Elle disparut à l'intérieur et Marlène se contenta de rester sur le seuil, n'osant pas la suivre. Elle n'attendit pourtant pas bien longtemps puisque Pomfresh revint, un flacon en argent surmonté d'un bouchon en forme de fleur dans les mains.
- Voilà, donnez-lui cela. C'est à inhaler pendant cinq minutes toutes les deux heures, les extraits d'écailles d'hippocampe et de baies de sureau devraient la soulager. Si elle ne sent pas mieux demain, surtout dites-lui de venir me voir.
- Bien madame, acquiesça Marlène. Je vous remercie, bonne fin de journée.
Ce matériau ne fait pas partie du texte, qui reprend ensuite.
-- ===== src/Enrolment/Samples.antt =====
-- Tests and witnesses of the enrolment records.
use intelli_study_planner_br.Base.{
  pos, ◌≡◌, refl, true, false, none, some, List, [], ◌∷◌, Text, codes, join,
}
use intelli_study_planner_br.Enrolment.Rows.{
  AnyRow, plain, marked, EnrolmentRow, EnrolmentRecord, read, checked, numbered,
}
use intelli_study_planner_br.Enrolment.Flat.{parse_enrolment}
use intelli_study_planner_br.Enrolment.Cells.{split_row}
use intelli_study_planner_br.Enrolment.Render.{table_line}
use intelli_study_planner_br.Enrolment.Marks.{parse_enrolment-unmarked}
use intelli_study_planner_br.Enrolment.Shapes.{record_shaped, parse_enrolment-shaped}
use intelli_study_planner_br.Enrolment.Trimmed.{split_row-table_line}

abbrev pasted : Text
pasted = join (10 ∷ []) (
    codes "**Course:** 766"
    ∷ codes "Major: CYSEC — Cyber"
    ∷ codes "| Year | Session | Campus/Delivery | Subject Code | Nom CP | Mark | Grade | Status |"
    ∷ codes "|---|---|---|---|---|---|---|---|"
    ∷ codes "| 2024 | Autumn | Wollongong/On Campus | csit110 | 6 | 81 | D | Complete |"
    ∷ [])

abbrev row : EnrolmentRow
row = record {
  year = pos 2024;
  session = codes "Autumn";
  campus = codes "Wollongong";
  code = codes "CSIT110";
  nom_cp = pos 6;
  grade = some (codes "D");
  status = codes "Complete";
}

abbrev with_rows : List AnyRow → EnrolmentRecord
with_rows rows = record {
  course_code = some (codes "766");
  campus = none;
  majors = codes "CYSEC" ∷ [];
  rows = rows;
  specified_credit = [];
  unspecified_credit = [];
}

reads_table : parse_enrolment pasted true ≡ read (with_rows (marked row (some 81) ∷ []))
unfolding parse_enrolment join checked numbered
reads_table = refl

abbrev pasted_flat : Text
pasted_flat =
    codes
      "Course: 766 Campus: Wollongong Major: Network Design Honours GPA: 3.8 Year Session 2024 Autumn Wollongong CSIT110 6 81 D Complete 2025 Spring Wollongong CSIT214 6 Enrolled"

abbrev later : EnrolmentRow
later = record {
  year = pos 2025;
  session = codes "Spring";
  campus = codes "Wollongong";
  code = codes "CSIT214";
  nom_cp = pos 6;
  grade = none;
  status = codes "Enrolled";
}

reads_flat :
    parse_enrolment pasted_flat true
    ≡ read (record {
      course_code = some (codes "766");
      campus = some (codes "Wollongong");
      majors = codes "Network Design" ∷ [];
      rows = marked row (some 81) ∷ marked later none ∷ [];
      specified_credit = [];
      unspecified_credit = [];
    })
unfolding parse_enrolment checked numbered
reads_flat = refl

parse_enrolment-unmarked_example : parse_enrolment pasted false ≡ read (with_rows (plain row ∷ []))
parse_enrolment-unmarked_example =
    parse_enrolment-unmarked pasted (with_rows (marked row (some 81) ∷ [])) reads_table

parse_enrolment-shaped_example : record_shaped (with_rows (marked row (some 81) ∷ [])) ≡ true
parse_enrolment-shaped_example =
    parse_enrolment-shaped pasted true (with_rows (marked row (some 81) ∷ [])) reads_table

split_row-table_line_example :
    split_row (table_line (codes "2024" ∷ [] ∷ codes "On Campus" ∷ []))
    ≡ codes "2024" ∷ [] ∷ codes "On Campus" ∷ []
split_row-table_line_example =
    split_row-table_line (codes "2024") ([] ∷ codes "On Campus" ∷ []) refl
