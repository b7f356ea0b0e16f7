-- ===== src/Json/Samples.antt =====
-- Tests of the values and of their parser.
use intelli_study_planner_br.Base.{◌≡◌, refl, true, some, none, [], ◌∷◌, codes, pos, negsuc}
use intelli_study_planner_br.Json.{
  Value, null, bool, int, float, str, arr, obj, nil, cons, end, field, str_of, int_of,
}
use intelli_study_planner_br.Json.Loads.{loads}

abbrev verdict : Value
verdict = obj (
    field (codes "valid") (bool true)
      (field (codes "n") (arr (cons (int (negsuc 11)) (cons null nil))) end))

reads_object : loads (codes " {\"valid\": true, \"n\" : [-12, null]} ") ≡ some verdict
unfolding loads
reads_object = refl

reads_escape : loads (codes "\"a\\u0041\\n\"") ≡ some (str (97 ∷ 65 ∷ 10 ∷ []))
unfolding loads
reads_escape = refl

reads_float : loads (codes "20.50e1") ≡ some (float (pos 205) true (codes "20.50e1"))
unfolding loads
reads_float = refl

refuses_rest : loads (codes "{} x") ≡ none
unfolding loads
refuses_rest = refl

repeats_keep_the_last :
    loads (codes "{\"a\":1,\"a\":2}") ≡ some (obj (field (codes "a") (int (pos 2)) end))
unfolding loads
repeats_keep_the_last = refl

shows : str_of verdict ≡ codes "{'valid': True, 'n': [-12, None]}"
unfolding str_of
shows = refl

reads_int : int_of (str (codes " +2_026 ")) ≡ some (pos 2026)
unfolding int_of
reads_int = refl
Elle fit demi-tour dans le vaste couloir où une immense tapisserie représentant les plus grands médicomages et savants au fil des siècles courait tout le long du mur, la fiole dans sa poche. Sur le chemin du retour vers la salle commune, elle se repassa mentalement la structure de son devoir pour tenter de garder sa concentration.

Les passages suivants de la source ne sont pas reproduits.